- Task directions:
Return every line from the one with "ops h slices)" through the one with "both (cost L", inclusive, exactly as it appears below.
• • •
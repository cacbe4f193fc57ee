-- ===== src/UsbHid/Completes.antt =====
-- Whatever is asked of firmware/main/usb_hid.c and in whatever order, it returns, and is safe then.
use remote_wake.Base.{
  ℕ, ◌+◌, ◌≤◌, ◌≡◌, refl, Bool, true, false, not, ◌&&◌, ◌||◌, List, [], ◌∷◌, some, none, ◌==◌,
  if◌then◌else◌, length, arith,
}
use remote_wake.Base.Results.{Result, ok, err}
use remote_wake.Json.{Json}
use remote_wake.UsbHid.State.{Err, is_ok, Slice, Hid, start, enter, bus_state, on_callbacks}
use remote_wake.UsbHid.Report.{Run, release_all}
use remote_wake.UsbHid.Keys.{Layout}
use remote_wake.UsbHid.Actions.{
  Attempt, ctrl_report, wake, type_text, plan_keys, press_keys, recover_active, recovery_once,
  quiesce_keyboard, init_keyboard,
}
use remote_wake.UsbHid.Chains.{Always}
use remote_wake.UsbHid.Release.{IsSafe}
use remote_wake.UsbHid.Returns.{
  Ticks, Takes, if-Takes, returns, and_then-Takes, finally-Takes, look-Takes,
}
use remote_wake.UsbHid.Bounded.{
  looks, act-Takes, release_all-Takes, restart_if_up-Takes, type_text-Takes,
}
use remote_wake.UsbHid.Runs.{Op, run_op, run_ops, run_ops-keeps, start-IsSafe}

-- The looks that pressing a plan takes at most.
abbrev plan_cost : Result Err (List (List ℕ)) → ℕ
plan_cost (err e) = 0
plan_cost (ok plan) = looks (length plan)

module _ (L : Layout) {D : Type 0} where
  -- The looks that a call takes at most.
  abbrev op_cost : Op D → ℕ
  op_cost (Op.wakes a) = looks 2
  op_cost (Op.types none enter a) = 0
  op_cost (Op.types (some text) enter a) = looks (length text + 1)
  op_cost (Op.presses seq a) = plan_cost (plan_keys L seq)
  op_cost (Op.recovers taken) = 400011
  op_cost (Op.quiesces taken) = 400007
  op_cost _ = 0

  -- And all calls of a list.
  abbrev pub cost : List (Op D) → ℕ
  cost [] = 0
  cost (op ∷ ops) = op_cost op + cost ops

recover_active-Takes :
    (active : Bool) (epoch t : ℕ) (h : Hid) (slices : List Slice)
    → 400009 ≤ length slices
    → Ticks t slices
    → Takes 400009 t slices (recover_active active epoch h slices)
unfolding recover_active
recover_active-Takes active epoch t h slices room ticks =
    let owed = not active || not h.was_active || not (epoch == h.observed_epoch) in
    let marked = record h {
      need_release = if owed then true else h.need_release;
      observed_epoch = epoch;
      was_active = active;
    } in
    if-Takes 400009 t slices (active && marked.need_release) _ _
      (λ due.
        finally-Takes 400006 3 t slices (release_all marked slices) _ room
          (release_all-Takes t marked slices (omega arith) ticks)
          (λ e f rest u enough on.
            if-Takes 3 u rest (is_ok e) _ _ (λ good. returns 3 u rest f Err.ok on)
              (λ bad. restart_if_up-Takes u f rest Err.ok enough on)))
      (λ idle. returns 400009 t slices marked Err.ok ticks)

recovery_once-Takes :
    (taken : Bool) (t : ℕ) (h : Hid) (slices : List Slice)
    → 400011 ≤ length slices
    → Ticks t slices
    → Takes 400011 t slices (recovery_once taken h slices)
unfolding recovery_once
recovery_once-Takes taken t h slices room ticks =
    if-Takes 400011 t slices (not h.installed || h.quiesced || not taken) _ _
      (λ off. returns 400011 t slices h Err.ok ticks)
      (λ on. look-Takes 400010 t h slices _ room ticks (λ s rest fits later.
        let polled = bus_state (enter h s) in
        look-Takes 400009 s.now polled.0 rest _ fits later (λ s₂ rest₂ fits₂ later₂.
          let f = enter polled.0 s₂ in
          recover_active-Takes (is_ok polled.1) f.bus_epoch s₂.now f rest₂ fits₂ later₂)))

quiesce_keyboard-Takes :
    (taken : Bool) (t : ℕ) (h : Hid) (slices : List Slice)
    → 400007 ≤ length slices
    → Ticks t slices
    → Takes 400007 t slices (quiesce_keyboard taken h slices)
unfolding quiesce_keyboard
quiesce_keyboard-Takes taken t h slices room ticks =
    if-Takes 400007 t slices (not h.installed) _ _ (λ away. returns 400007 t slices h Err.ok ticks)
      (λ there.
        if-Takes 400007 t slices (not taken || h.quiesced) _ _
          (λ busy. returns 400007 t slices h Err.invalid_state ticks)
          (λ free. look-Takes 400006 t h slices _ room ticks (λ s rest fits later.
            let f = (bus_state (enter h s)).0 in
            and_then-Takes 400006 0 s.now rest _ _ fits
              (if-Takes 400006 s.now rest (is_ok (bus_state (enter h s)).1) _ _
                (λ up. release_all-Takes s.now f rest fits later)
                (λ down. returns 400006 s.now rest f Err.ok later))
              (λ h' more u after enough on.
                returns 0 u more (record h' { quiesced = true }) Err.ok on))))

wake-Takes :
    (a : Attempt) (t : ℕ) (h : Hid) (slices : List Slice)
    → looks 2 ≤ length slices
    → Ticks t slices
    → Takes (looks 2) t slices (wake a h slices)
unfolding wake
wake-Takes a t h slices room ticks =
    if-Takes (looks 2) t slices h.installed _ _
      (λ there. act-Takes true (ctrl_report ∷ ctrl_report ∷ []) a t h slices room ticks)
      (λ away. returns (looks 2) t slices h Err.not_supported ticks)

-- A run that returns, and is safe then.
abbrev pub Completed : Run → Type 0
Completed run = (h : Hid) × (rest' : List Slice) × (e : Err) × (run ≡ some (h, rest', e)) × IsSafe h

both :
    (n t : ℕ) (slices : List Slice) (run : Run)
    → Takes n t slices run
    → Always (λ h e. IsSafe h) run
    → Completed run
both n t slices none takes safe = absurd takes
both n t slices (some (h, rest', e)) takes safe = (h, rest', e, refl, safe)

module _ (L : Layout) {D : Type 0} where
  planned-Takes :
      (r : Result Err (List (List ℕ))) (seq : Json D) (a : Attempt) (t : ℕ) (h : Hid)
      (slices : List Slice)
      → plan_keys L seq ≡ r
      → plan_cost r ≤ length slices
      → Ticks t slices
      → Takes (plan_cost r) t slices (press_keys L seq a h slices)
  unfolding press_keys
  planned-Takes (err e) seq a t h slices bad room ticks =
      if-Takes 0 t slices (not h.installed) _ _
        (λ away. returns 0 t slices h Err.not_supported ticks)
        (λ there. rw bad (returns 0 t slices h e ticks))
  planned-Takes (ok plan) seq a t h slices good room ticks =
      let n = looks (length plan) in
      if-Takes n t slices (not h.installed) _ _
        (λ away. returns n t slices h Err.not_supported ticks)
        (λ there. rw good (act-Takes true plan a t h slices room ticks))

  run_op-Takes :
      (op : Op D) (t : ℕ) (h : Hid) (slices : List Slice)
      → op_cost L op ≤ length slices
      → Ticks t slices
      → Takes (op_cost L op) t slices (run_op L op h slices)
  unfolding run_op type_text
  run_op-Takes (Op.initialises mutex task driver) t h slices room ticks =
      let (h', e) = init_keyboard mutex task driver h in returns 0 t slices h' e ticks
  run_op-Takes (Op.wakes a) t h slices room ticks = wake-Takes a t h slices room ticks
  run_op-Takes (Op.types none enter a) t h slices room ticks =
      returns 0 t slices h (if h.installed then Err.invalid_arg else Err.not_supported) ticks
  run_op-Takes (Op.types (some text) enter a) t h slices room ticks =
      type_text-Takes L text enter a t h slices room ticks
  run_op-Takes (Op.presses seq a) t h slices room ticks =
      planned-Takes (plan_keys L seq) seq a t h slices refl room ticks
  run_op-Takes (Op.recovers taken) t h slices room ticks =
      recovery_once-Takes taken t h slices room ticks
  run_op-Takes (Op.quiesces taken) t h slices room ticks =
      quiesce_keyboard-Takes taken t h slices room ticks
  run_op-Takes Op.resumes t h slices room ticks =
      returns 0 t slices (record h { quiesced = false }) Err.ok ticks
  run_op-Takes (Op.receives callbacks) t h slices room ticks =
      returns 0 t slices (on_callbacks h callbacks) Err.ok ticks

  run_ops-Takes :
      (ops : List (Op D)) (t : ℕ) (h : Hid) (slices : List Slice)
      → cost L ops ≤ length slices
      → Ticks t slices
      → Takes (cost L ops) t slices (run_ops L ops h slices)
  unfolding run_ops
  run_ops-Takes [] t h slices room ticks = returns 0 t slices h Err.ok ticks
  run_ops-Takes (op ∷ ops) t h slices room ticks =
      finally-Takes (op_cost L op) (cost L ops) t slices (run_op L op h slices) _ room
        (run_op-Takes op t h slices (omega arith) ticks)
        (λ e f rest u enough on. run_ops-Takes ops u f rest enough on)

  -- No key is left held unknowingly: from the start, whatever the tasks, the callbacks and the bus do
  -- and in any order, after every run, whenever no release is owed, the last report handed over was
  -- neutral and the bus has completed just that report since, and every report that pressed a key was
  -- handed over at such a moment. And a run ends: where the clock runs on from look to look, by a
  -- microsecond at least, every list of calls returns within the looks that its `cost` counts.
  pub run_ops-IsSafe :
      (ops : List (Op D)) (rest : List Slice)
      → Always (λ h e. IsSafe h) (run_ops L ops start rest)
        × ((t : ℕ) → cost L ops ≤ length rest → Ticks t rest → Completed (run_ops L ops start rest))
  run_ops-IsSafe ops rest =
      let safe = run_ops-keeps L ops start rest start-IsSafe in
      (
        safe,
        λ t enough ticks.
            both (cost L ops) t rest (run_ops L ops start rest)
              (run_ops-Takes ops t start rest enough ticks) safe,
      )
• • •
- Solution:
      → Takes (cost L ops) t slices (run_ops L ops h slices)
  unfolding run_ops
  run_ops-Takes [] t h slices room ticks = returns 0 t slices h Err.ok ticks
  run_ops-Takes (op ∷ ops) t h slices room ticks =
      finally-Takes (op_cost L op) (cost L ops) t slices (run_op L op h slices) _ room
        (run_op-Takes op t h slices (omega arith) ticks)
        (λ e f rest u enough on. run_ops-Takes ops u f rest enough on)

  -- No key is left held unknowingly: from the start, whatever the tasks, the callbacks and the bus do
  -- and in any order, after every run, whenever no release is owed, the last report handed over was
  -- neutral and the bus has completed just that report since, and every report that pressed a key was
  -- handed over at such a moment. And a run ends: where the clock runs on from look to look, by a
  -- microsecond at least, every list of calls returns within the looks that its `cost` counts.
  pub run_ops-IsSafe :
      (ops : List (Op D)) (rest : List Slice)
      → Always (λ h e. IsSafe h) (run_ops L ops start rest)
        × ((t : ℕ) → cost L ops ≤ length rest → Ticks t rest → Completed (run_ops L ops start rest))
  run_ops-IsSafe ops rest =
      let safe = run_ops-keeps L ops start rest start-IsSafe in
      (
        safe,
        λ t enough ticks.
            both (cost L ops) t rest (run_ops L ops start rest)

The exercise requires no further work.